Which of the following expressions evaluate to the same value as part (a)? Select all that apply.
pizza10.merge(notes.reset_index(), on="kind").shape[0]
pizza10.merge(notes, on="kind").shape[0]
notes.merge(pizza10, left_index=True, right_on="kind").shape[0]
notes.merge(pizza10, left_index=True, right_on="store").shape[0]
notes.merge(pizza10.reset_index(), on="kind").shape[0]
Answer:
pizza10.merge(notes.reset_index(), on="kind").shape[0]
and
notes.merge(pizza10, left_index=True, right_on="kind").shape[0]
(select all that apply).
Select:
pizza10.merge(notes.reset_index(), on="kind").shape[0]
— reset_index() puts kind in the columns so
merging on "kind" matches part (a).
notes.merge(pizza10, left_index=True, right_on="kind").shape[0]
— merge notes’s index (kind) to
pizza10’s "kind" column.
Do not select:
pizza10.merge(notes, on="kind") — kind
is the index of notes, not a column; this
merge is not set up correctly.
notes.merge(pizza10, left_index=True, right_on="store")
— wrong join key.
notes.merge(pizza10.reset_index(), on="kind") —
after reset_index() on pizza10, the merge key
is not set up the same way as in the working patterns above (per the
official key, do not select this).
The average score on this problem was 80%.

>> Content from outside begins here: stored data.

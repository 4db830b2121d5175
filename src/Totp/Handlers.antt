-- ===== src/Totp/Handlers.antt =====
-- cmd/keymasterd/2fa_totp.go: the handlers of the one-time passwords.
pub mod Authorized
use keymaster.Prelude.{
  ℕ, String, Bool, true, false, not, Option, none, some, str_eq, bit_or, if◌then◌else◌,
}
use keymaster.Prelude.Int.{ℤ}
use keymaster.Result.{Result, ok, err}
use keymaster.AuthType.{auth_type_any, auth_type_totp}
use keymaster.Http.{
  Request, set_username, redirect, http_error, status_ok, status_found, status_bad_request,
  status_unauthorized, status_method_not_allowed, status_internal_server_error,
}
use keymaster.State.{Env, RuntimeState, AuthInfo}
use keymaster.Handler.{M, World, ◌>>=◌, ◌>>◌, return, fail, emit, get_state, on_error, reject_if}
use keymaster.Respond.{profile_path, write_failure_response, stop_if_locked}
use keymaster.CheckAuth.{check_auth, get_required_web_ui_auth_level}
use keymaster.SecondFactor.{parse_form_or, otp_of_form, raise_level, send_onwards}
use keymaster.Totp.{validate_user_totp}

module _ (env : Env) (r : Request) where
  -- the caller and the number that the form holds, in any session of the required level
  unfoldable pub common_totp_post_handler : (required_auth_level : ℕ) → M (AuthInfo × ℤ)
  common_totp_post_handler required_auth_level = do
    stop_if_locked env r
    info ←
        on_error (check_auth env r required_auth_level)
          (λ e. emit (http_error "error" status_internal_server_error))
    emit (set_username info.username)
    reject_if (not (str_eq r.method "POST"))
        (write_failure_response env r status_method_not_allowed "") "Invalid Method requeted"
    parse_form_or env r status_bad_request
    otp_value ← otp_of_form env r
    return (info, otp_value)

  -- the check on the daemon's state
  unfoldable pub checked_otp : (username : String) (otp_value : ℤ) → M Bool
  checked_otp username otp_value w =
      let (answer, state) = validate_user_totp env username otp_value w.state in
      (answer, record w { state = state })

  unfoldable verify_totp_handler : M (Unit {0})
  verify_totp_handler = do
    state ← get_state
    (info, otp_value) ← common_totp_post_handler (get_required_web_ui_auth_level state)
    valid ←
        on_error (checked_otp info.username otp_value)
          (λ e. write_failure_response env r status_internal_server_error "")
    reject_if (not valid) (write_failure_response env r status_ok "Verification Failed") ""
    emit (redirect profile_path status_found)

  unfoldable pub internal_totp_auth_handler :
      (auth_user : String) (current_auth_level : ℕ) (otp_value : ℤ) → M (Unit {0})
  internal_totp_auth_handler auth_user current_auth_level otp_value = do
    valid ← on_error (checked_otp auth_user otp_value) (λ e.
        write_failure_response env r status_internal_server_error
          "Failure when validating OTP token")
    reject_if (not valid) (write_failure_response env r status_unauthorized "") ""
    old ←
        raise_level env r (bit_or current_auth_level auth_type_totp)
          "Failure when validating OTP token"
    send_onwards env r (return tt)

  unfoldable pub totp_auth_handler : M (Unit {0})
  totp_auth_handler = do
    (info, otp_value) ← common_totp_post_handler auth_type_any
    internal_totp_auth_handler info.username info.auth_type otp_value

DoorDash is having a special promotion! This promotion allows Ray to
order four random pizza slices from the pizza DataFrame,
but he only wants to eat the best slices—according to the ratings. He
decides to pick the first two of those random slices and compare their
ratings to the other two slices. He will eat only if the sum of the
ratings of his two slices is greater than the sum of the ratings of the
other two slices.
Fill in the blanks in the code below so that prob_eats
evaluates to an estimate of the probability that Ray gets to eat.
repetitions = 1000
count_eats = 0
for i in np.arange(repetitions):
promo_ratings = np.random.choice(__(a)__, 4, replace=False)
ray_sum_of_ratings = _____(b)_____
other_sum_of_ratings = _____(c)_____
if ray_sum_of_ratings > other_sum_of_ratings:
count_eats = ____(d)____
prob_eats = _____(e)_____
(a)
Answer: pizza.get("rating")
Sample four distinct ratings without replacement (four random slices by rating value).
The average score on this problem was 45%.
(b)
Answer:
promo_ratings[0] + promo_ratings[1]
Sum of the ratings for Ray’s first two sampled values.
The average score on this problem was 45%.
(c)
Answer:
promo_ratings[2] + promo_ratings[3]
Sum of the ratings for the other two sampled values.
The average score on this problem was 45%.
(d)
Answer: count_eats + 1
So the line reads count_eats = count_eats + 1 when Ray
eats.
The average score on this problem was 77%.
(e)
Answer: count_eats / repetitions
Monte Carlo estimate of the probability.
The average score on this problem was 80%.
Pizza by Peter awards loyalty points: every third slice you purchase from them earns 2^i points, starting from the 1st slice. For example, the 1st, 4th, 7th and 10th slices that a customer purchases each earn 2^i loyalty points where i is 1, 4, 7 and 10 respectively.
Without using the + operator, write a one-line
expression that evaluates to the total loyalty
points from those four slices.
Answer:
(2**(np.arange(1, 12, 3))).sum()
The 1st, 4th, 7th, and 10th slices earn 2^1, 2^4,
2^7, and 2^{10} points. Exponents 1, 4, 7, 10 are every third integer starting
at 1: np.arange(1, 12, 3).
Explanation:
np.arange(1, 12, 3) gives [1, 4, 7, 10];
2** raises 2 to each power; .sum() adds them
(without using binary + in your source).
Alternatives:
np.sum(np.array([2**1, 2**4, 2**7, 2**10])), or
(2**(np.arange(0, 10, 3) + 1)).sum(), etc.
The average score on this problem was 58%.
The management of Pizza by Peter is rebranding. The new name is the output of the following line of code. Write the new name as a string.
(pizza.get("kind").iloc[6].replace("a", "o") + "!").upper()
Answer: "MORGHERITO!"
Explanation:
pizza.get("kind").iloc[6] →
"Margherita"..replace("a", "o") → "Morgherito".+ "!" → "Morgherito!"..upper() →
"MORGHERITO!".
The average score on this problem was 70%.